Description of the task> Whenever a line below holds the word "elim", copy that line.

Data section>

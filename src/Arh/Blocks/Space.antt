-- ===== src/Arh/Blocks/Space.antt =====
-- ardain/src/arh_ext.rs: `find_free_space` gives free space, and none without slots.
use ard_tools.Base.{
  ℕ, zero, suc, ◌+◌, ◌-◌, ◌*◌, ◌%◌, ◌/◌, ◌^◌, ◌≤◌, ◌<◌, ◌≡◌, inl, inr, refl, ap, true, ◌&&◌, List,
  [], ◌∷◌, arith, ltb, leb, ◌==◌, if◌then◌else◌, length, Bool-cases, Run-cases, All, ok, panic,
}
use native.Mathlib.Nat.{mul-mod_left, mul-div_cancel, mod-add-div', mod-lt}
use ard_tools.Bits.{bit-zero, trailing_zeros, pow_pos}
use ard_tools.Bits.Zeros.{trailing_zeros-le, trailing_zeros_clear}
use ard_tools.Arh.Blocks.{
  BlockAllocTable, slot_at, find_loop, find_at_end, find_blocks, find_free_space_inner,
  find_free_space, last_slot, div_ceil,
}
use ard_tools.Arh.Blocks.Mark.{occupied_at, div_ceil_lem}
use ard_tools.Arh.Blocks.Find.{IsFree, find_loop_sound}

slot_at_past : (blocks : List ℕ) (i : ℕ) → length blocks ≤ i → slot_at blocks i ≡ 0
slot_at_past [] i h = refl
slot_at_past (b ∷ bs) zero h = absurd (omega arith)
slot_at_past (b ∷ bs) (suc i) h = slot_at_past bs i (omega arith)

slot_at_last :
    (blocks : List ℕ) (i : ℕ) → suc i ≡ length blocks → slot_at blocks i ≡ last_slot blocks
slot_at_last [] i h = refl
slot_at_last (b ∷ []) zero h = refl
slot_at_last (b ∷ []) (suc i) h = absurd (omega arith)
slot_at_last (b ∷ c ∷ bs) zero h = absurd (omega arith)
slot_at_last (b ∷ c ∷ bs) (suc i) h = slot_at_last (c ∷ bs) i (omega arith)

-- Past the table everything is free.
past-IsFree : (blocks : List ℕ) (b : ℕ) → IsFree blocks (length blocks * 64) b
past-IsFree blocks b k lo hi =
    let outside : slot_at blocks (k / 64) ≡ 0 = slot_at_past blocks (k / 64) (omega arith) in
    rw outside (bit-zero (63 - k % 64))

-- An empty table has no last slot: `0 * 64 - 64` overflows.
pub at_end_empty : find_at_end [] ≡ panic
unfolding find_at_end trailing_zeros
at_end_empty = refl

-- What the code returns at the end of the table is free, however far.
find_at_end_sound :
    (blocks : List ℕ) (b : ℕ) {r : ℕ} → find_at_end blocks ≡ ok r → IsFree blocks r b
unfolding find_at_end
find_at_end_sound [] b {r} e k lo hi = cc at_end_empty
find_at_end_sound (w ∷ ws) b {r} e k lo hi =
    let blocks = w ∷ ws in
    let trailing = trailing_zeros 64 (last_slot blocks) in
    let few : trailing ≤ 64 = trailing_zeros-le 64 (last_slot blocks) in
    let place : r ≡ length blocks * 64 - trailing = ground arith in
    elim (Bool-cases (ltb k (length blocks * 64))) [
      | inr past ↦ past-IsFree blocks (suc k) k (ground arith) (omega arith)
      | inl inside ↦
          let below : k < length blocks * 64 = ground arith in
          let there : k / 64 ≡ length ws = omega arith in
          let slot : slot_at blocks (k / 64) ≡ last_slot blocks =
            slot_at_last blocks (k / 64) (omega arith) in
          rw slot (trailing_zeros_clear 64 (last_slot blocks) (63 - k % 64) (omega arith))
    ]

div_ceil_covers : (n b : ℕ) → 0 < b → n ≤ div_ceil n b * b
div_ceil_covers n b h = elim (Bool-cases (n % b == 0)) [
  | inl even ↦ rw (div_ceil_lem n b h, even) (omega (arith, mod-add-div' n b, exact even))
  | inr odd ↦ rw (div_ceil_lem n b h, odd) (omega (arith, mod-add-div' n b, mod-lt n h))
]
  where
    exact : (n % b == 0) ≡ true → n % b ≡ 0
    exact e = ground arith

div_ceil_pos : (n b : ℕ) → 0 < n → 0 < b → 0 < div_ceil n b
div_ceil_pos n b pos h = elim (Bool-cases (ltb 0 (div_ceil n b))) [
  | inl some_blocks ↦ ground arith
  | inr none_left ↦
      let nothing : div_ceil n b ≡ 0 = ground arith in
      absurd (omega (arith, div_ceil_covers n b h, ap (λ (t : ℕ). t * b) nothing))
]

lt_of_mul-lt : (a c b : ℕ) → a * b < c * b → a < c
lt_of_mul-lt a c b h = elim (Bool-cases (ltb a c)) [
  | inl less ↦ ground arith
  | inr more ↦ let le : c ≤ a = ground arith in absurd (grind arith)
]

find_blocks_sound :
    (blocks : List ℕ) (desired : ℕ) {r : ℕ}
    → 0 < desired
    → All (λ w. w < 2 ^ 64) blocks
    → find_blocks (λ j slot. slot) blocks desired ≡ ok r
    → IsFree blocks r (r + desired)
unfolding find_blocks
find_blocks_sound blocks desired {r} pos words e =
    elim (Run-cases (find_loop (λ j slot. slot) desired blocks 0 0 0)) [
      | inl (block, hit) ↦
          let same : block ≡ r = ground arith in
          find_loop_sound blocks desired pos blocks 0 0 0 (λ m. ap (slot_at blocks) (omega arith))
            words refl (λ k lo hi. absurd (omega arith)) (rw same at hit)
      | inr (inl (_, done)) ↦ find_at_end_sound blocks (r + desired) (ground arith)
      | inr (inr broken) ↦ absurd (ground arith)
    ]

-- Where `find_free_space` returns an offset `r` for a size above 0, on slots that fit into 64 bits, the
-- offset is a block's start, and each block that one of the `size` bytes from `r` on lies in is free.
pub find_free_space_sound :
    (t : BlockAllocTable) (size k : ℕ) {r : ℕ}
    → 0 < size
    → All (λ w. w < 2 ^ 64) t.blocks
    → find_free_space t size ≡ ok r
    → let unit = 2 ^ t.block_size_pow in
      (r % unit ≡ 0)
      × ((if leb (r / unit) k && ltb (k * unit) (r + size) then occupied_at t.blocks k else 0) ≡ 0)
unfolding find_free_space find_free_space_inner
find_free_space_sound t size k {r} pos words e =
    let unit = 2 ^ t.block_size_pow in
    let desired = div_ceil size unit in
    elim (Run-cases (find_blocks (λ j slot. slot) t.blocks desired)) [
      | inl (block, hit) ↦
          let place : r ≡ block * unit = ground arith in
          let free =
            find_blocks_sound t.blocks desired
              (div_ceil_pos size unit pos (pow_pos t.block_size_pow)) words hit in
          rw place (
            mul-mod_left block unit,
            ground (
              arith,
              mul-div_cancel block {n = unit} (pow_pos t.block_size_pow),
              λ (lo : block ≤ k) (hi : k * unit < block * unit + size). free k lo (
                  lt_of_mul-lt k (block + desired) unit
                    (omega (arith, div_ceil_covers size unit (pow_pos t.block_size_pow)))),
            ),
          )
      | inr (inl (_, missed)) ↦ absurd (ground arith)
      | inr (inr broken) ↦ absurd (ground arith)
    ]

-- On a table without slots `find_free_space` panics, whatever the size.
pub find_free_space-empty :
    (t : BlockAllocTable) (size : ℕ) → t.blocks ≡ [] → find_free_space t size ≡ panic
unfolding find_free_space find_free_space_inner find_blocks find_loop
find_free_space-empty t size e = ground (arith, at_end_empty)
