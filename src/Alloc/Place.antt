-- ===== src/Alloc/Place.antt =====
-- ardain/src/file_alloc.rs: the blocks that a file takes, and what a replacement changes.
use ard_tools.Base.{
  ℕ, ◌+◌, ◌-◌, ◌*◌, ◌/◌, ◌%◌, ◌^◌, ◌<◌, ◌≤◌, ◌≡◌, inl, inr, ◌∙◌, Bool, true, false, ◌&&◌, some,
  List, arith, ltb, leb, ◌==◌, if◌then◌else◌, get_elem?, get_elem?-set_self, get_elem?-set_ne,
  lt_of_get_elem?, set, All, ℕ_discrete, Bool-cases, ok,
}
use ard_tools.Arh.Meta.{FileMeta}
use ard_tools.Arh.Blocks
use ard_tools.Bits.{bit-le}
use ard_tools.Arh.Blocks.{BlockAllocTable, slot_at, div_ceil, find_free_space, find_space_replace}
use ard_tools.Arh.Blocks.Mark.{occupied_at, mark_occupied, block_size_pow-mark}
use ard_tools.Arh.Blocks.Space.{find_free_space_sound}

-- Whether one of a file's bytes lies in the block `k`, on blocks of `unit` bytes.
abbrev pub touches : ℕ → FileMeta → ℕ → Bool
touches unit m k =
    ltb 0 m.compressed_size
    && leb (m.offset / unit) k
    && ltb (k * unit) (m.offset + m.compressed_size)

pub mark-empty :
    (t : BlockAllocTable) (m : FileMeta) (v : Bool) → m.compressed_size ≡ 0 → Blocks.mark t m v ≡ t
unfolding Blocks.mark
mark-empty t m v e = ground arith

pub mark-touches :
    (t : BlockAllocTable) (m : FileMeta) (k : ℕ)
    → (if touches (2 ^ t.block_size_pow) m k then 1 else occupied_at t.blocks k)
      ≤ occupied_at (Blocks.mark t m true).blocks k
mark-touches t m k = elim (Bool-cases (ltb 0 m.compressed_size)) [
  | inl some_bytes ↦ ground (arith, mark_occupied t m k (ground arith))
  | inr no_bytes ↦
      (let same : Blocks.mark t m true ≡ t = mark-empty t m true (ground arith) in
        rw same (ground arith))
]

pub free_place :
    (t : BlockAllocTable) (m : FileMeta) (k : ℕ)
    → All (λ w. w < 2 ^ 64) t.blocks
    → find_free_space t m.compressed_size ≡ ok m.offset
    → ((if ltb 0 m.compressed_size then m.offset % 2 ^ t.block_size_pow else 0) ≡ 0)
      × ((if touches (2 ^ t.block_size_pow) m k then occupied_at t.blocks k else 0) ≡ 0)
free_place t m k words e = elim (Bool-cases (ltb 0 m.compressed_size)) [
  | inl some_bytes ↦
      let (aligned, vacant) = find_free_space_sound t m.compressed_size k (ground arith) words e in
      (ground arith, ground (arith, vacant))
  | inr no_bytes ↦ (ground arith, ground arith)
]

pub set-at :
    (files : List FileMeta) (m : FileMeta) (id j : ℕ) {file : FileMeta}
    → get_elem? files id ≡ some file
    → get_elem? (set files id m) j ≡ (if j == id then some m else get_elem? files j)
set-at files m id j {file} found = elim (ℕ_discrete j id) [
  | yes here ↦
      rw here (get_elem?-set_self files id m (lt_of_get_elem? files id file found) ∙ ground arith)
  | no other ↦ get_elem?-set_ne files {i = id} {j = j} m (λ f. other (ground arith)) ∙ ground arith
]

-- What a replacement did: to the file table at `j`, and to the block `k`.
abbrev pub Replaced :
    BlockAllocTable
    → List FileMeta
    → BlockAllocTable
    → List FileMeta
    → ℕ
    → ℕ
    → ℕ
    → FileMeta
    → FileMeta
    → Type 0
Replaced t files t' files' id j k file m =
    (get_elem? files id ≡ some file)
    × (get_elem? files' j ≡ (if j == id then some m else get_elem? files j))
    × ((if touches (2 ^ t.block_size_pow) m k then 1 else 0) ≤ occupied_at t'.blocks k)
    × ((if leb m.compressed_size file.compressed_size then m.offset else file.offset) ≡ file.offset)
    × ((if leb m.compressed_size file.compressed_size then occupied_at t.blocks k else 0)
        ≤ occupied_at t'.blocks k)

pub Replaced-in_place :
    (t : BlockAllocTable) (files : List FileMeta) {t' : BlockAllocTable} {files' : List FileMeta}
    (id j k : ℕ) (file m : FileMeta)
    → get_elem? files id ≡ some file
    → m.offset ≡ file.offset
    → t' ≡ Blocks.mark t m true
    → files' ≡ set files id m
    → Replaced t files t' files' id j k file m
Replaced-in_place t files id j k file m found here table changed =
    let kept = mark-touches t m k in
    (
      found,
      rw changed (set-at files m id j found),
      rw table (ground (arith, kept, bit-le (slot_at t.blocks (k / 64)) (63 - k % 64))),
      ground arith,
      rw table (ground (arith, kept, bit-le (slot_at t.blocks (k / 64)) (63 - k % 64))),
    )

pub Replaced-moved :
    (t : BlockAllocTable) (files : List FileMeta) {t' : BlockAllocTable} {files' : List FileMeta}
    (id j k : ℕ) (file m : FileMeta)
    → get_elem? files id ≡ some file
    → file.compressed_size < m.compressed_size
    → t' ≡ Blocks.mark (Blocks.mark t file false) m true
    → files' ≡ set files id m
    → Replaced t files t' files' id j k file m
Replaced-moved t files id j k file m found longer table changed =
    let kept = mark-touches (Blocks.mark t file false) m k in
    let unit = block_size_pow-mark t file false in
    (
      found,
      rw changed (set-at files m id j found),
      rw table (ground (arith, rw unit at kept)),
      ground arith,
      ground arith,
    )
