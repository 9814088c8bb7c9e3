-- ===== src/Alloc/Stored.antt =====
-- ardain/src/file_alloc.rs: which bytes `replace_file` writes, and where the file's metadata say they are.
use ard_tools.Base.{
  ℕ, ◌≡◌, ◌∙◌, ap, inl, inr, refl, false, Option, some, List, arith, leb, set, Bool-cases, Run, ok,
  unwrap, ok_or, >>=-eq-ok,
}
use ard_tools.Arh.Meta.{FileMeta, get_meta, set_flag}
use ard_tools.Arh.Blocks
use ard_tools.Arh.Blocks.{BlockAllocTable, find_space_replace}
use ard_tools.Fs.Error.{Error, io}
use ard_tools.Alloc.{
  Xbc1Lib, Output, Allocator, EntryFile, raw, raw_wrapped, compressed, CompressionStrategy,
  size_on_disk, entry_bytes, entry_kind, compress_data, update_meta, write_entry, replace_in_place,
  replace_moved, replace_file, offset_of,
}

unwrap-eq-ok : {A : Type 0} (x : Option A) {a : A} → unwrap {E = Error} x ≡ ok a → x ≡ some a
unwrap-eq-ok x e = ground arith

pub ok_or-eq-ok : {A : Type 0} (x : Option A) {a : A} → ok_or x io ≡ ok a → x ≡ some a
ok_or-eq-ok x e = ground arith

ok_same : {A : Type 0} {a b : A} → ◌≡◌ {A = Run Error A} (ok a) (ok b) → a ≡ b
ok_same e = cc

module _ (lib : Xbc1Lib) (output : Output) where
  -- The entry that was made of the data, its bytes, and the metadata that point at them.
  pub record IsStored (alloc : Allocator output.Sink) (id : ℕ) (entry : EntryFile lib.Xbc1)
      (after : Allocator output.Sink) : Type 0 where
    pub payload : List ℕ
    pub packed : entry_bytes lib entry ≡ ok payload
    pub meta : FileMeta
    pub written : output.write_at alloc.writer meta.offset payload ≡ some after.writer
    pub files : after.file_table ≡ set alloc.file_table id meta
    pub size : meta.compressed_size ≡ size_on_disk lib entry
    pub kind : meta.uncompressed_size ≡ (entry_kind lib entry).1

  updated_meta :
      (t : BlockAllocTable) (entry : EntryFile lib.Xbc1) (file : FileMeta) (offset : ℕ)
      {after : BlockAllocTable} {m : FileMeta}
      → update_meta lib t entry file offset ≡ ok (after, m)
      → (m.offset ≡ offset)
        × (m.compressed_size ≡ size_on_disk lib entry)
        × (m.uncompressed_size ≡ (entry_kind lib entry).1)
  unfolding update_meta set_flag
  updated_meta t (raw bytes) file offset e = (ground arith, ground arith, ground arith)
  updated_meta t (raw_wrapped bytes) file offset e = (ground arith, ground arith, ground arith)
  updated_meta t (compressed xbc1) file offset e = (ground arith, ground arith, ground arith)

  -- The bytes are written, and then the metadata.
  written-IsStored :
      (alloc : Allocator output.Sink) (id : ℕ) (file : FileMeta) (entry : EntryFile lib.Xbc1)
      (t : BlockAllocTable) (offset : ℕ) {writer : output.Sink} {table : BlockAllocTable}
      {m : FileMeta}
      → write_entry lib output alloc.writer offset entry ≡ ok writer
      → update_meta lib t entry file offset ≡ ok (table, m)
      → IsStored alloc id entry
          (record { block_table = table; file_table = set alloc.file_table id m; writer = writer })
  written-IsStored alloc id file entry t offset {writer} {table} {m} writes updates =
      let (payload, packed, e1) = >>=-eq-ok (entry_bytes lib entry) _ writes in
      let (at, size, kind) = updated_meta t entry file offset updates in
      record {
        payload = payload;
        packed = packed;
        meta = m;
        written = ap (λ o. output.write_at alloc.writer o payload) at ∙ ok_or-eq-ok _ e1;
        files = refl;
        size = size;
        kind = kind;
      }

  -- The file that is replaced is in the table.
  pub replace_file-there :
      (alloc : Allocator output.Sink) (id : ℕ) (bytes : List ℕ)
      (strategy : CompressionStrategy lib.CompressionType) {after : Allocator output.Sink}
      → replace_file lib output alloc id bytes strategy ≡ ok after
      → (file : FileMeta) × (get_meta alloc.file_table id ≡ some file)
  unfolding replace_file
  replace_file-there alloc id bytes strategy e =
      let (file, found, e1) = >>=-eq-ok (unwrap (get_meta alloc.file_table id)) _ e in
      (file, unwrap-eq-ok _ found)

  pub replace_file-IsStored :
      (alloc : Allocator output.Sink) (id : ℕ) (bytes : List ℕ)
      (strategy : CompressionStrategy lib.CompressionType) {after : Allocator output.Sink}
      → replace_file lib output alloc id bytes strategy ≡ ok after
      → (entry : EntryFile lib.Xbc1) × (compress_data lib bytes strategy ≡ ok entry)
        × IsStored alloc id entry after
  unfolding replace_file
  replace_file-IsStored alloc id bytes strategy {after} e =
      let (file, found, e1) = >>=-eq-ok (unwrap (get_meta alloc.file_table id)) _ e in
      let (entry, packed, e2) = >>=-eq-ok (compress_data lib bytes strategy) _ e1 in
      elim (Bool-cases (leb (size_on_disk lib entry) file.compressed_size)) [
        | inl fits ↦
            let run : replace_in_place lib output alloc id file entry ≡ ok after =
              ground (arith, e2) in
            let (writer, writes, e3) =
              >>=-eq-ok (write_entry lib output alloc.writer file.offset entry) _ run in
            let ((table, m), updates, e4) =
              >>=-eq-ok (update_meta lib alloc.block_table entry file file.offset) _ e3 in
            rw (← ok_same e4) (
              entry,
              packed,
              written-IsStored alloc id file entry alloc.block_table file.offset writes updates,
            )
        | inr longer ↦
            let run : replace_moved lib output alloc id file entry ≡ ok after =
              ground (arith, e2) in
            let (offset, fits, e3) =
              >>=-eq-ok
                (offset_of (find_space_replace alloc.block_table file (size_on_disk lib entry))) _
                run in
            let (writer, writes, e4) =
              >>=-eq-ok (write_entry lib output alloc.writer offset entry) _ e3 in
            let freed = Blocks.mark alloc.block_table file false in
            let ((table, m), updates, e5) =
              >>=-eq-ok (update_meta lib freed entry file offset) _ e4 in
            rw (← ok_same e5)
              (entry, packed, written-IsStored alloc id file entry freed offset writes updates)
      ]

Output of the task>
    elim (Bool-cases (ltb k (length blocks * 64))) [
div_ceil_covers n b h = elim (Bool-cases (n % b == 0)) [
div_ceil_pos n b pos h = elim (Bool-cases (ltb 0 (div_ceil n b))) [
lt_of_mul-lt a c b h = elim (Bool-cases (ltb a c)) [
    elim (Run-cases (find_loop (λ j slot. slot) desired blocks 0 0 0)) [
    elim (Run-cases (find_blocks (λ j slot. slot) t.blocks desired)) [
mark-touches t m k = elim (Bool-cases (ltb 0 m.compressed_size)) [
free_place t m k words e = elim (Bool-cases (ltb 0 m.compressed_size)) [
set-at files m id j {file} found = elim (ℕ_discrete j id) [
      elim (Bool-cases (leb (size_on_disk lib entry) file.compressed_size)) [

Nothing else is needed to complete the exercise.